(DATA RECORDS)

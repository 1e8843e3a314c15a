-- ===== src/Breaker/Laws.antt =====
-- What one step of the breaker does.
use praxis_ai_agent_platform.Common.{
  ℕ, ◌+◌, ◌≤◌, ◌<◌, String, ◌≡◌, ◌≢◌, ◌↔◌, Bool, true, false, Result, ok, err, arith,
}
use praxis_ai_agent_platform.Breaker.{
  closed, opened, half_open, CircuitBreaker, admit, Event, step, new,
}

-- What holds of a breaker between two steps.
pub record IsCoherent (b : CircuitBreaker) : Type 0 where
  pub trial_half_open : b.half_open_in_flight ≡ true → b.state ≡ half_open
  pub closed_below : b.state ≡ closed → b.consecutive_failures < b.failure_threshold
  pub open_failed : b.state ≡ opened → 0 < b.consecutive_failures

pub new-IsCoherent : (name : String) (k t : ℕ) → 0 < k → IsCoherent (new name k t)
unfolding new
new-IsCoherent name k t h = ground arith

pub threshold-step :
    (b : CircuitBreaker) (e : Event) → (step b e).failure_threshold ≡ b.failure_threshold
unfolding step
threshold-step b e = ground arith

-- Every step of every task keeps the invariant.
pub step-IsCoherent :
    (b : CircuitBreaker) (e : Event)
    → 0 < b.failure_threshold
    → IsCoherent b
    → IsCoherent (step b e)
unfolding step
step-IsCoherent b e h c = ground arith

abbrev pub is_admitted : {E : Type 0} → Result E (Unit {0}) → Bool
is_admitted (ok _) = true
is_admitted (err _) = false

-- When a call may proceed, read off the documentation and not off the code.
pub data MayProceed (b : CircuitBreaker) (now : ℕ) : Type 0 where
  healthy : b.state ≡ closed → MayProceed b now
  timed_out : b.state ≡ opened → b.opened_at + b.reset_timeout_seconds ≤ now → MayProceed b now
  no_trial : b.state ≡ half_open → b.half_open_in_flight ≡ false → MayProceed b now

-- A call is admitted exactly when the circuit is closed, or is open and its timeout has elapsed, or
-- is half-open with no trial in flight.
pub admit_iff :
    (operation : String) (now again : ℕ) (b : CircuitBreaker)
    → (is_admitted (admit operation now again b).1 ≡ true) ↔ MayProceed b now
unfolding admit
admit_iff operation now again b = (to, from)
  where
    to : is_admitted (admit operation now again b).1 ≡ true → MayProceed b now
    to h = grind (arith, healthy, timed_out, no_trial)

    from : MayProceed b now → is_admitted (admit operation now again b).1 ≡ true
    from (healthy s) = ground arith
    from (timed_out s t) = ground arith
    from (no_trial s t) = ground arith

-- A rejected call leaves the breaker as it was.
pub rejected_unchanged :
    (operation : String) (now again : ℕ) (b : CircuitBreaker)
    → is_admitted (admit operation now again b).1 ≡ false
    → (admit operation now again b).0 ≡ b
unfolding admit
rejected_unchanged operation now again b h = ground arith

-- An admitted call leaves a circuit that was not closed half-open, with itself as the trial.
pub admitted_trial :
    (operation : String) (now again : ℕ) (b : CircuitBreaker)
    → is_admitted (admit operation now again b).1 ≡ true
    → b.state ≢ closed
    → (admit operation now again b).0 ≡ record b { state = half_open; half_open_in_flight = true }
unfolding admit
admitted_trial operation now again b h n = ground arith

(End DATA RECORDS)

From the listing above, return every line that contains the word "arith".

**ANSWER SPACE**
  ℕ, ◌+◌, ◌≤◌, ◌<◌, String, ◌≡◌, ◌≢◌, ◌↔◌, Bool, true, false, Result, ok, err, arith,
new-IsCoherent name k t h = ground arith
threshold-step b e = ground arith
step-IsCoherent b e h c = ground arith
    to h = grind (arith, healthy, timed_out, no_trial)
    from (healthy s) = ground arith
    from (timed_out s t) = ground arith
    from (no_trial s t) = ground arith
rejected_unchanged operation now again b h = ground arith
admitted_trial operation now again b h n = ground arith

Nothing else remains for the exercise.